Теперь на скамьях ареопага собрались все судьи. Тут были и девять архонтов, и триста эфетов, назначенных по выбору для разбора этого дела; поблизости расположились сорок представителей фил, и жрецы разных храмов, и несколько почетных граждан, среди которых видное место занимал Солон. Рядом с ним сидел, видимо сильно волнуясь, обвинитель Алкмеонидов, Мирон из местечка Флии. Это был низенький, полный человечек с огромной головой, почти совершенно лысой. В руках он держал небольшой сверток папируса и то и дело нервно мял его. Глаза его были устремлены на почтенного седовласого архонта-базилевса, который только что велел привести обвиняемых.
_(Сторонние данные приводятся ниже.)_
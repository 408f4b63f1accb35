-- ===== src/Parser/Multipart/PartWire.antt =====
-- webcc/common.cc: a form part as `FormPart::Prepare` writes it.
use mathlib.Core.Path.{subst}
use devops_workshop.Boost.{Boost, IsSolid, trim-word, all_solid_sound}
use devops_workshop.Http.Globals.{crlf}
use devops_workshop.Http.Headers.{set}
use devops_workshop.Http.Form.{
  FormPart, blank_part, name_text, file_name_text, disposition_text, set_headers, prepare_part,
  body_buffer,
}
use devops_workshop.Http.Form.RoundTrip.{IsQuotable}
use devops_workshop.Http.Message.{joined_buffers}
use devops_workshop.Parser.HeaderLines.Written.{field_line}
use devops_workshop.Parser.Multipart.Lines.{IsInside, lines_text}
use devops_workshop.Prelude.{
  ℕ, ◌≡◌, ◌≢◌, refl, sym, ap, ◌∙◌, false, List, [], ◌∷◌, ◌++◌, append_assoc, append-nil, arith,
  length, length-append, ◌+◌, ◌≤◌, All,
}
use devops_workshop.Bytes.{Text, Lacks, codes, equal}

-- no boundary lines.
pub record IsEncodable (boundary : Text) (part : FormPart) : Type 0 where
  pub fresh : part.headers ≡ []
  pub name_quotable : IsQuotable part.name
  pub file_quotable : IsQuotable part.file_name
  pub name_line : Lacks 13 part.name
  pub file_line : Lacks 13 part.file_name
  pub type_line : Lacks 13 part.media_type
  pub lines : List Text
  pub body_lines : part.body ++ crlf ≡ lines_text lines
  pub body_inside : All (IsInside boundary) lines
  pub body_ne : part.body ≢ []

-- what is read of a part
abbrev pub received : FormPart → FormPart
received part = record blank_part { name = part.name; file_name = part.file_name; body = part.body }

abbrev pub disposition_name : Text
disposition_name = codes "Content-Disposition"

abbrev pub type_name : Text
type_name = codes "Content-Type"

-- the line for the media type, if there is one, in front of more
abbrev pub typed_text : Text → Text → Text
typed_text [] more = more
typed_text (c ∷ t) more = field_line type_name (c ∷ t) ++ 13 ∷ 10 ∷ more

-- a part on the wire, in front of more
abbrev pub part_wire : FormPart → Text → Text
part_wire part more =
    field_line disposition_name (disposition_text part)
    ++ 13 ∷ 10 ∷ typed_text part.media_type (13 ∷ 10 ∷ (part.body ++ 13 ∷ 10 ∷ more))

length-typed_text : (t more : Text) → length more ≤ length (typed_text t more)
length-typed_text [] more = omega arith
length-typed_text (c ∷ t) more =
    omega (arith, length-append (field_line type_name (c ∷ t)) (13 ∷ 10 ∷ more))

pub length-part_wire :
    (part : FormPart) (more : Text) → length more + 4 ≤ length (part_wire part more)
length-part_wire part more =
    let rest = 13 ∷ 10 ∷ (part.body ++ 13 ∷ 10 ∷ more) in
    omega (
      arith,
      length-append (field_line disposition_name (disposition_text part))
          (13 ∷ 10 ∷ typed_text part.media_type rest),
      length-typed_text part.media_type rest,
      length-append part.body (13 ∷ 10 ∷ more),
    )

module _ (boost : Boost) where
  pub type_no_disposition : boost.iequals type_name disposition_name ≡ false
  unfolding equal
  type_no_disposition = boost.iequals_fold type_name disposition_name

  disposition_no_type : boost.iequals disposition_name type_name ≡ false
  unfolding equal
  disposition_no_type = boost.iequals_fold disposition_name type_name

  body_joined :
      (body : Text) (more : List Text)
      → joined_buffers ((body_buffer body ++ crlf ∷ []) ++ more)
        ≡ body ++ 13 ∷ 10 ∷ joined_buffers more
  body_joined [] more = refl
  body_joined (c ∷ s) more = refl

  fresh_wire :
      (name file_name media_type body : Text) (more : List Text)
      → joined_buffers (
          (prepare_part boost (record {
            name = name;
            file_name = file_name;
            media_type = media_type;
            headers = [];
            body = body;
          })).1
          ++ more)
        ≡ part_wire
            (record {
              name = name;
              file_name = file_name;
              media_type = media_type;
              headers = [];
              body = body;
            })
            (joined_buffers more)
  unfolding prepare_part set_headers set equal
  fresh_wire name file_name [] body more = rw (body_joined body more) refl
  fresh_wire name file_name (c ∷ t) body more = rw (disposition_no_type, body_joined body more) refl

  -- The buffers of a part are the part on the wire.
  pub prepare_part-part_wire :
      (part : FormPart) (more : List Text)
      → part.headers ≡ []
      → joined_buffers ((prepare_part boost part).1 ++ more) ≡ part_wire part (joined_buffers more)
  unfolding prepare_part disposition_text
  prepare_part-part_wire part more e =
      ap (λ hs. joined_buffers ((prepare_part boost (record part { headers = hs })).1 ++ more)) e
      ∙ fresh_wire part.name part.file_name part.media_type part.body more

  trim-quoted :
      (c : ℕ) (a b : Text)
      → IsSolid c
      → boost.trim (c ∷ (a ++ 34 ∷ (b ++ 34 ∷ []))) ≡ c ∷ (a ++ 34 ∷ (b ++ 34 ∷ []))
  trim-quoted c a b h =
      let e : (a ++ 34 ∷ b) ++ 34 ∷ [] ≡ a ++ 34 ∷ (b ++ 34 ∷ []) =
        append_assoc a (34 ∷ b) (34 ∷ []) in
      subst (λ t. boost.trim (c ∷ t) ≡ c ∷ t) e (boost.trim_solid c 34 (a ++ 34 ∷ b) h refl)

  form_data_trim :
      (name file : Text)
      → boost.trim ((codes "form-data" ++ name_text name) ++ file_name_text file)
        ≡ (codes "form-data" ++ name_text name) ++ file_name_text file
  form_data_trim [] [] =
      trim-word boost (codes "form-data") (all_solid_sound (codes "form-data") refl)
  form_data_trim (c ∷ n) [] =
      subst (λ t. boost.trim t ≡ t) (sym (append-nil (codes "form-data" ++ name_text (c ∷ n))))
        (trim-quoted b'f' (codes "orm-data; name=") (c ∷ n) refl)
  form_data_trim name (c ∷ f) =
      subst (λ t. boost.trim t ≡ t)
        (append_assoc (codes "form-data" ++ name_text name) (codes "; filename=")
          (34 ∷ ((c ∷ f) ++ 34 ∷ [])))
        (trim-quoted b'f' ((codes "orm-data" ++ name_text name) ++ codes "; filename=") (c ∷ f)
          refl)

  pub value_trim :
      (part : FormPart) → boost.trim (b' ' ∷ disposition_text part) ≡ disposition_text part
  unfolding disposition_text
  value_trim part =
      boost.trim_space b' ' (disposition_text part) refl ∙ form_data_trim part.name part.file_name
Через несколько мгновений из глубины пещеры, сопутствуемые довольно сильной военной стражей, вышли Алкмеониды с Мегаклом во главе. Молча поклонившись ареопагитам, обвиняемые стали по левую сторону жертвенника, на котором два жреца зажгли священный огонь. Несколько прислужников тем временем принесли окровавленные части только что убитого жертвенного животного. Бросив внутренности последнего в огонь на алтаре, архонт-базилевс произнес краткую молитву к двенадцати олимпийским богам вообще и к Аресу и Палладе в частности. Затем архонт обратился к обвиняемым:
– Ты, Мегакл, и сородичи твои, потомки славного Алкмеона, приглашены сюда для ответа по обвинению, которое будет поддерживать против вас почтенный согражданин наш, Мирон из Флии. Вы поклянетесь богами, жизнью вашей и семейств ваших, что вы будете говорить одну лишь правду и добровольно подчинитесь решению этого верховного суда. Мирон от лица всех полноправных граждан Аттики, в свою очередь, присягнет перед всеми нами, что он не возведет на вас ни одного ложного обвинения. Напоминаю вам, подсудимые, что вы имеете право, по издревле установленному обычаю, добровольно удалиться в изгнание до окончания судебного разбирательства. Мирон, сын Эвксиппа, слово за тобой. Займи свое место на «камне неумолимости». Ты же, Мегакл, как старший из Алкмеонидов, станешь на этом «камне правонарушения». Жрецы, потушите огонь на алтаре, дабы наступила полная тьма.
Мирон взошел тем временем на камень и, когда в собрании воцарилась тишина, сказал:
– Выступая обвинителем всего рода Алкмеонидов в нарушении благочестия и святости клятвы, я буду говорить от имени всех афинских граждан. По уставу, я буду краток; проста и безыскусственна будет речь моя. Но сначала я присягну по всем правилам в том, что не скажу ничего лишнего. Итак: «Клянусь всесильными богами, клянусь жизнью своей и жизнью детей моих, что я скажу одну лишь правду. Пусть боги преисподней, и земли, и неба лишат меня жизни, пусть труп мой останется навсегда непогребенным [12] , пусть дети мои погибнут в изгнании, если в речи моей будет хоть слово неправды. В том призываю вас в свидетели, о боги всевышние, о великий Арес, и ты, о мудрая девственница Паллада!» Пусть теперь и Мегакл и за ним все обвиняемые произнесут такую же клятву. Клянитесь же, Алкмеониды!
12
Остаться непогребенным и не попасть в царство теней считалось у греков величайшим позором.